**Your goal**
Copy verbatim the block of lines in the entries below whose first line contains "loop out r)" and whose last line contains "Follow 0 at". Leave out all other lines.

**Data records**
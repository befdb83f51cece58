-- ===== src/Terminal/Sanitize/Total.antt =====
-- `strip_controls` completes where no ESC stands before a character of several bytes.
use zyris_protocol.Prelude.{
  ℕ, zero, suc, ◌+◌, ◌<◌, ◌≡◌, refl, sym, ap, ◌∙◌, subst, inl, inr, none, [], ◌∷◌, ◌++◌, arith,
  ◌==◌, Bool-cases, Option-cases, Bytes, Text, length, drop, drop-drop, drop_all, drop_cong,
}
use zyris_protocol.Terminal.Buffer.Tail.{IsContinuation}
use zyris_protocol.Terminal.Sanitize.Escape.{
  Follow, continuations, IsWellFormed, drop-IsWellFormed, scan_escape-Ends, drop_next, ascii-Follow,
}
use zyris_protocol.Terminal.Sanitize.Clean.{
  All, IsPlain, Leaves, strip_controls-Leaves, drop-Follow, char_width-continuations,
}
use zyris_protocol.Terminal.Sanitize.{
  scan_escape, scan_kind, char_width, Stripped, done, panicked, out_of_fuel, Round, skip, emit,
  stop, panic, round, round_escape, round_return, round_char, strip_from, strip_controls, strip_at,
  strip_round,
}

-- Every ESC is followed by ASCII, or by nothing.
abbrev pub EscapesAscii : Bytes → Type 0
EscapesAscii [] = Unit {0}
EscapesAscii (c ∷ []) = Unit {0}
EscapesAscii (c ∷ d ∷ rest) = (c ≡ 0x1B → d < 0x80) × EscapesAscii (d ∷ rest)

drop-EscapesAscii : (n : ℕ) (b : Bytes) → EscapesAscii b → EscapesAscii (drop n b)
drop-EscapesAscii zero b h = h
drop-EscapesAscii (suc n) [] h = h
drop-EscapesAscii (suc n) (c ∷ []) h = subst EscapesAscii (sym (drop_all n [] (omega arith))) tt
drop-EscapesAscii (suc n) (c ∷ d ∷ rest) h = drop-EscapesAscii n (d ∷ rest) h.1

-- A round that starts at the boundary of a character stops, or moves to another boundary.
abbrev Stays : Bytes → Round → Type 0
Stays b (skip next) = Follow 0 (drop next b)
Stays b (emit _ next) = Follow 0 (drop next b)
Stays b stop = Unit
Stays b panic = ⊥

module _ (b : Bytes) (i c : ℕ) (rest : Bytes) (at : drop i b ≡ c ∷ rest)
    (wf : IsWellFormed (c ∷ rest)) where
  next-Follow : c < 0x80 → Follow 0 (drop (i + 1) b)
  next-Follow h = subst (Follow 0) (sym (drop_next i b at)) (ascii-Follow c rest h wf)

  round_char-Stays : ¬ IsContinuation c → Stays b (round_char i c rest)
  unfolding round_char
  round_char-Stays h = elim (Option-cases (char_width c)) [
    | inl e ↦ absurd (h (unfold char_width in ground arith))
    | inr (w, e) ↦
        let (size, leads) = char_width-continuations c w e in
        rw (e, round_char)
          (subst (Follow 0)
            (ap (drop (continuations c)) (sym (drop_next i b at))
              ∙ drop-drop (continuations c) (i + 1) b
              ∙ drop_cong {m = i + w} b (omega (arith, size)))
            (drop-Follow (continuations c) rest (wf.0 leads)))
  ]

scan_none : (b : Bytes) (i : ℕ) {c : ℕ} → drop i b ≡ c ∷ [] → scan_escape b i ≡ none
unfolding scan_escape scan_kind
scan_none b i at = rw (drop_next i b at) refl

return-Stays :
    (b : Bytes) (i c : ℕ) (rest : Bytes)
    → drop i b ≡ c ∷ rest
    → IsWellFormed (c ∷ rest)
    → c < 0x80
    → Stays b (round_return i rest)
unfolding round_return
return-Stays b i c [] at wf h = next-Follow b i c [] at wf h
return-Stays b i c (d ∷ rest) at wf h = elim (Bool-cases (d == b'\n')) [
  | inl newline ↦ rw newline (
      subst (Follow 0) (drop_cong {n = i + 1 + 1} b (omega arith))
        (next-Follow b (i + 1) d rest (drop_next i b at) wf.1 (ground arith)))
  | inr bare ↦ rw bare (next-Follow b i c (d ∷ rest) at wf h)
]

escape-Stays :
    (b : Bytes) (i c : ℕ) (rest : Bytes)
    → drop i b ≡ c ∷ rest
    → IsWellFormed (c ∷ rest)
    → EscapesAscii (c ∷ rest)
    → c ≡ 0x1B
    → Stays b (round_escape b i)
unfolding round_escape
escape-Stays b i c [] at wf h e = rw (scan_none b i at, round_escape) tt
escape-Stays b i c (d ∷ rest) at wf h e = elim (Option-cases (scan_escape b i)) [
  | inl n ↦ rw (n, round_escape) tt
  | inr (k, found) ↦ rw (found, round_escape) (scan_escape-Ends b i at (h.0 e) wf.1 k found).1
]

round-Stays :
    (b : Bytes) (i c : ℕ) (rest : Bytes)
    → drop i b ≡ c ∷ rest
    → IsWellFormed (c ∷ rest)
    → EscapesAscii (c ∷ rest)
    → ¬ IsContinuation c
    → Stays b (round b i c rest)
unfolding round
round-Stays b i c rest at wf h k = ground (
  arith,
  escape-Stays b i c rest at wf h,
  return-Stays b i c rest at wf,
  next-Follow b i c rest at wf,
  round_char-Stays b i c rest at wf k,
)

-- The whole text is read, and what is left is plain.
abbrev pub Completes : Stripped → Type 0
Completes (done out) = All IsPlain out
Completes panicked = ⊥
Completes out_of_fuel = ⊥

abbrev NotPanicked : Stripped → Type 0
NotPanicked panicked = ⊥
NotPanicked _ = Unit {0}

strip_round-NotPanicked :
    (b : Bytes) (loop : ℕ → Text → Stripped) (out : Text)
    → ((next : ℕ) (more : Text) → Follow 0 (drop next b) → NotPanicked (loop next more))
    → (r : Round) → Stays b r
    → NotPanicked (strip_round loop out r)
unfolding strip_round
strip_round-NotPanicked b loop out rec (skip next) s = rec next out s
strip_round-NotPanicked b loop out rec (emit bytes next) s = rec next (out ++ bytes) s
strip_round-NotPanicked b loop out rec stop s = tt
strip_round-NotPanicked b loop out rec panic s = s

strip_at-NotPanicked :
    (b : Bytes) (i : ℕ) (loop : ℕ → Text → Stripped) (out : Text) (at : Bytes)
    → drop i b ≡ at
    → IsWellFormed b
    → EscapesAscii b
    → Follow 0 at
    → ((next : ℕ) (more : Text) → Follow 0 (drop next b) → NotPanicked (loop next more))
    → NotPanicked (strip_at loop b i out at)
unfolding strip_at
strip_at-NotPanicked b i loop out [] e wf h f rec = tt
strip_at-NotPanicked b i loop out (c ∷ rest) e wf h f rec =
    strip_round-NotPanicked b loop out rec (round b i c rest) (
      round-Stays b i c rest e (subst IsWellFormed e (drop-IsWellFormed i b wf))
        (subst EscapesAscii e (drop-EscapesAscii i b h)) f)

strip_from-NotPanicked :
    (fuel : ℕ) (b : Bytes) (i : ℕ) (out : Text)
    → IsWellFormed b
    → EscapesAscii b
    → Follow 0 (drop i b)
    → NotPanicked (strip_from fuel b i out)
unfolding strip_from
strip_from-NotPanicked zero b i out wf h f = tt
strip_from-NotPanicked (suc fuel) b i out wf h f =
    strip_at-NotPanicked b i (strip_from fuel b) out (drop i b) refl wf h f
      λ next more g. strip_from-NotPanicked fuel b next more wf h g

completes : (r : Stripped) → Leaves r → NotPanicked r → Completes r
completes (done out) h k = h
completes panicked h k = k
completes out_of_fuel h k = h

-- If every ESC of a well-formed text is followed by ASCII or ends it, the text is stripped with no
-- panic, and no control byte but newlines and tabs is left.
pub strip_controls-Completes :
    (s : Text) → IsWellFormed s → Follow 0 s → EscapesAscii s → Completes (strip_controls s)
unfolding strip_controls
strip_controls-Completes s wf f h =
    completes (strip_controls s) (strip_controls-Leaves s wf)
      (strip_from-NotPanicked (length s + 1) s 0 [] wf h f)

**Answer for this exercise**
    → NotPanicked (strip_round loop out r)
unfolding strip_round
strip_round-NotPanicked b loop out rec (skip next) s = rec next out s
strip_round-NotPanicked b loop out rec (emit bytes next) s = rec next (out ++ bytes) s
strip_round-NotPanicked b loop out rec stop s = tt
strip_round-NotPanicked b loop out rec panic s = s

strip_at-NotPanicked :
    (b : Bytes) (i : ℕ) (loop : ℕ → Text → Stripped) (out : Text) (at : Bytes)
    → drop i b ≡ at
    → IsWellFormed b
    → EscapesAscii b
    → Follow 0 at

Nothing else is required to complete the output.